WHAT TO PRODUCE: Word for word, restate the lines of the material below from its first line through the one containing "if positive64 req.ttl_seconds". Omit the rest.
*** MATERIALS PROVIDED ***
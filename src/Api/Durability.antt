-- ===== src/Api/Durability.antt =====
-- Calls of the RPC server whose writes go well, against a restart.
use fast_kv_a_lightweight_ke.Base.{
  [], ◌≡◌, refl, if◌then◌else◌, Option-cases, inl, inr, none, some, All, arith,
}
use fast_kv_a_lightweight_ke.Base.Bytes.{Bytes, bytes_key}
use fast_kv_a_lightweight_ke.Base.Dict.{lookup}
use fast_kv_a_lightweight_ke.Base.Words.{positive64}
use fast_kv_a_lightweight_ke.Storage.Engine.Recovery.{IsDurable}
use fast_kv_a_lightweight_ke.Storage.Engine.Sessions.{
  Request, put_req, put_with_ttl_req, delete_req, update_req, execute, GoesWell, execute-IsDurable,
}
use fast_kv_a_lightweight_ke.Service.KvService
use fast_kv_a_lightweight_ke.Service.KvService.{KvService, new_kv_service, load_from, save_to}
use fast_kv_a_lightweight_ke.Service.Transactions.{OpGoesWell, execute_transaction-IsDurable}
use fast_kv_a_lightweight_ke.Api
use fast_kv_a_lightweight_ke.Api.{KvServer, new_kv_server, with_turns}
use fast_kv_a_lightweight_ke.Api.Structures
use fast_kv_a_lightweight_ke.Api.JsonBridge.{
  wrapped_server, http_put, http_get, http_delete, http_update, http_list,
}
use fast_kv_a_lightweight_ke.Api.Dispatch.{
  Environment, RpcMethod, rpc_put, rpc_get, rpc_delete, rpc_update, rpc_list, rpc_scan_keys,
  rpc_list_keys_by_prefix, rpc_list_keys_in_range, rpc_execute_transaction, rpc_set_add,
  rpc_set_remove, rpc_set_list, rpc_sorted_list_add, rpc_sorted_list_get, rpc_map_put, rpc_map_get,
  rpc_queue_push, rpc_queue_pop, rpc_queue_peek, rpc_stack_push, rpc_stack_pop, rpc_stack_peek,
  rpc_http_put, rpc_http_get, rpc_http_delete, rpc_http_update, rpc_http_list, registered, dispatch,
  dispatch_method,
}

-- The request that a call makes of the store.
abbrev pub put_of : Environment → Api.Request → Request
put_of w req =
    if positive64 req.ttl_seconds
    then put_with_ttl_req w.now req.bucket req.key req.value req.ttl_seconds
    else put_req req.bucket req.key req.value

-- The names and the values of a call fit the log, and its writes go well.
abbrev pub MethodGoesWell : Environment → RpcMethod → Api.Request → Type 0
MethodGoesWell w rpc_put req = GoesWell (put_of w req, w.io)
MethodGoesWell w rpc_delete req = GoesWell (delete_req req.bucket req.key, w.io)
MethodGoesWell w rpc_update req = GoesWell (update_req w.now req.bucket req.key req.value, w.io)
MethodGoesWell w rpc_http_put req = GoesWell (put_of w req, w.io)
MethodGoesWell w rpc_http_delete req = GoesWell (delete_req req.bucket req.key, w.io)
MethodGoesWell w rpc_http_update req =
    GoesWell (update_req w.now req.bucket req.key req.value, w.io)
MethodGoesWell w rpc_execute_transaction req = All OpGoesWell (with_turns w.turns 0 req.transaction)
MethodGoesWell w method req = Unit

abbrev pub CallGoesWell : Environment → Bytes → Api.Request → Type 0
CallGoesWell w name req = elim (lookup name registered) [
  | none ↦ Unit
  | some method ↦ MethodGoesWell w method req
]

-- What the three handlers that write single keys do to the store.
module _ (w : Environment) (req : Api.Request) (s : KvServer) where
  storage-put :
      (Api.put w.now w.io req s).0.service.storage
      ≡ (execute s.service.storage (put_of w req) w.io).0
  unfolding Api.put Api.replicate_to_slaves KvService.put KvService.put_with_ttl execute
  storage-put = ground arith

  storage-delete :
      (Api.delete w.io req s).0.service.storage
      ≡ (execute s.service.storage (delete_req req.bucket req.key) w.io).0
  unfolding Api.delete Api.replicate_to_slaves KvService.delete execute
  storage-delete = ground arith

  storage-update :
      (Api.update w.now w.io req s).0.service.storage
      ≡ (execute s.service.storage (update_req w.now req.bucket req.key req.value) w.io).0
  unfolding Api.update Api.replicate_to_slaves KvService.update execute
  storage-update = ground arith

-- The handlers of the data structures leave the store alone.
module _ (req : Api.Request) (s : KvServer) where
  storage-set_add : (Structures.set_add req s).0.service.storage ≡ s.service.storage
  unfolding Structures.set_add KvService.set_add
  storage-set_add = refl

  storage-set_remove : (Structures.set_remove req s).0.service.storage ≡ s.service.storage
  unfolding Structures.set_remove KvService.set_remove
  storage-set_remove = ground arith

  storage-sorted_list_add : (Structures.sorted_list_add req s).0.service.storage ≡ s.service.storage
  unfolding Structures.sorted_list_add KvService.sorted_list_add
  storage-sorted_list_add = refl

  storage-map_put : (Structures.map_put req s).0.service.storage ≡ s.service.storage
  unfolding Structures.map_put KvService.map_put
  storage-map_put = refl

  storage-queue_push : (Structures.queue_push req s).0.service.storage ≡ s.service.storage
  unfolding Structures.queue_push KvService.queue_push
  storage-queue_push = refl

  storage-queue_pop : (Structures.queue_pop req s).0.service.storage ≡ s.service.storage
  unfolding Structures.queue_pop KvService.queue_pop
  storage-queue_pop = refl

  storage-stack_push : (Structures.stack_push req s).0.service.storage ≡ s.service.storage
  unfolding Structures.stack_push KvService.stack_push
  storage-stack_push = refl

  storage-stack_pop : (Structures.stack_pop req s).0.service.storage ≡ s.service.storage
  unfolding Structures.stack_pop KvService.stack_pop
  storage-stack_pop = refl

method-IsDurable :
    (filename : Bytes) (w : Environment) (method : RpcMethod) (req : Api.Request) (s : KvServer)
    → IsDurable filename s.service.storage
    → MethodGoesWell w method req
    → IsDurable filename (dispatch_method w method req s).0.service.storage
unfolding dispatch_method http_put http_get http_delete http_update http_list
method-IsDurable filename w rpc_put req s d well =
    rw (storage-put w req s) (execute-IsDurable filename s.service.storage _ w.io d well.0 well.1)
method-IsDurable filename w rpc_delete req s d well =
    rw (storage-delete w req s)
      (execute-IsDurable filename s.service.storage _ w.io d well.0 well.1)
method-IsDurable filename w rpc_update req s d well =
    rw (storage-update w req s)
      (execute-IsDurable filename s.service.storage _ w.io d well.0 well.1)
method-IsDurable filename w rpc_http_put req s d well =
    rw (wrapped_server w.nils [] (Api.put w.now w.io req s), storage-put w req s)
      (execute-IsDurable filename s.service.storage _ w.io d well.0 well.1)
method-IsDurable filename w rpc_http_delete req s d well =
    rw (wrapped_server w.nils [] (Api.delete w.io req s), storage-delete w req s)
      (execute-IsDurable filename s.service.storage _ w.io d well.0 well.1)
method-IsDurable filename w rpc_http_update req s d well =
    rw (wrapped_server w.nils [] (Api.update w.now w.io req s), storage-update w req s)
      (execute-IsDurable filename s.service.storage _ w.io d well.0 well.1)
method-IsDurable filename w rpc_http_get req s d well =
    rw (wrapped_server w.nils [] (s, Api.get w.now req s)) d
method-IsDurable filename w rpc_http_list req s d well =
    rw (wrapped_server w.nils [] (s, Api.list w.order w.now req s)) d
method-IsDurable filename w rpc_get req s d well = d
method-IsDurable filename w rpc_list req s d well = d
method-IsDurable filename w rpc_list_keys_by_prefix req s d well = d
method-IsDurable filename w rpc_list_keys_in_range req s d well = d
method-IsDurable filename w rpc_scan_keys req s d well = d
method-IsDurable filename w rpc_set_list req s d well = d
method-IsDurable filename w rpc_sorted_list_get req s d well = d
method-IsDurable filename w rpc_map_get req s d well = d
method-IsDurable filename w rpc_queue_peek req s d well = d
method-IsDurable filename w rpc_stack_peek req s d well = d
method-IsDurable filename w rpc_sorted_list_add req s d well = rw (storage-sorted_list_add req s) d
method-IsDurable filename w rpc_set_add req s d well = rw (storage-set_add req s) d
method-IsDurable filename w rpc_map_put req s d well = rw (storage-map_put req s) d
method-IsDurable filename w rpc_queue_push req s d well = rw (storage-queue_push req s) d
method-IsDurable filename w rpc_stack_push req s d well = rw (storage-stack_push req s) d
method-IsDurable filename w rpc_set_remove req s d well = rw (storage-set_remove req s) d
method-IsDurable filename w rpc_queue_pop req s d well = rw (storage-queue_pop req s) d
method-IsDurable filename w rpc_stack_pop req s d well = rw (storage-stack_pop req s) d
method-IsDurable filename w rpc_execute_transaction req s d well =
    unfold Api.execute_transaction in
    execute_transaction-IsDurable filename (with_turns w.turns 0 req.transaction) s.service d well

pub dispatch-IsDurable :
    (filename : Bytes) (w : Environment) (name : Bytes) (req : Api.Request) (s : KvServer)
    → IsDurable filename s.service.storage
    → CallGoesWell w name req
    → IsDurable filename (dispatch w name req s).0.service.storage
unfolding dispatch
dispatch-IsDurable filename w name req s d well = elim (Option-cases (lookup name registered)) [
  | inl unknown ↦ rw (unknown, dispatch) d
  | inr (method, known) ↦
      rw (known, dispatch)
        (method-IsDurable filename w method req s d (rw (known, CallGoesWell) at well))
]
***
OUTPUT OF THE EXERCISE:
filename src/Api/Durability.antt
-- ===== src/Api/Durability.antt =====
-- Calls of the RPC server whose writes go well, against a restart.
use fast_kv_a_lightweight_ke.Base.{
  [], ◌≡◌, refl, if◌then◌else◌, Option-cases, inl, inr, none, some, All, arith,
}
use fast_kv_a_lightweight_ke.Base.Bytes.{Bytes, bytes_key}
use fast_kv_a_lightweight_ke.Base.Dict.{lookup}
use fast_kv_a_lightweight_ke.Base.Words.{positive64}
use fast_kv_a_lightweight_ke.Storage.Engine.Recovery.{IsDurable}
use fast_kv_a_lightweight_ke.Storage.Engine.Sessions.{
  Request, put_req, put_with_ttl_req, delete_req, update_req, execute, GoesWell, execute-IsDurable,
}
use fast_kv_a_lightweight_ke.Service.KvService
use fast_kv_a_lightweight_ke.Service.KvService.{KvService, new_kv_service, load_from, save_to}
use fast_kv_a_lightweight_ke.Service.Transactions.{OpGoesWell, execute_transaction-IsDurable}
use fast_kv_a_lightweight_ke.Api
use fast_kv_a_lightweight_ke.Api.{KvServer, new_kv_server, with_turns}
use fast_kv_a_lightweight_ke.Api.Structures
use fast_kv_a_lightweight_ke.Api.JsonBridge.{
  wrapped_server, http_put, http_get, http_delete, http_update, http_list,
}
use fast_kv_a_lightweight_ke.Api.Dispatch.{
  Environment, RpcMethod, rpc_put, rpc_get, rpc_delete, rpc_update, rpc_list, rpc_scan_keys,
  rpc_list_keys_by_prefix, rpc_list_keys_in_range, rpc_execute_transaction, rpc_set_add,
  rpc_set_remove, rpc_set_list, rpc_sorted_list_add, rpc_sorted_list_get, rpc_map_put, rpc_map_get,
  rpc_queue_push, rpc_queue_pop, rpc_queue_peek, rpc_stack_push, rpc_stack_pop, rpc_stack_peek,
  rpc_http_put, rpc_http_get, rpc_http_delete, rpc_http_update, rpc_http_list, registered, dispatch,
  dispatch_method,
}

-- The request that a call makes of the store.
abbrev pub put_of : Environment → Api.Request → Request
put_of w req =
    if positive64 req.ttl_seconds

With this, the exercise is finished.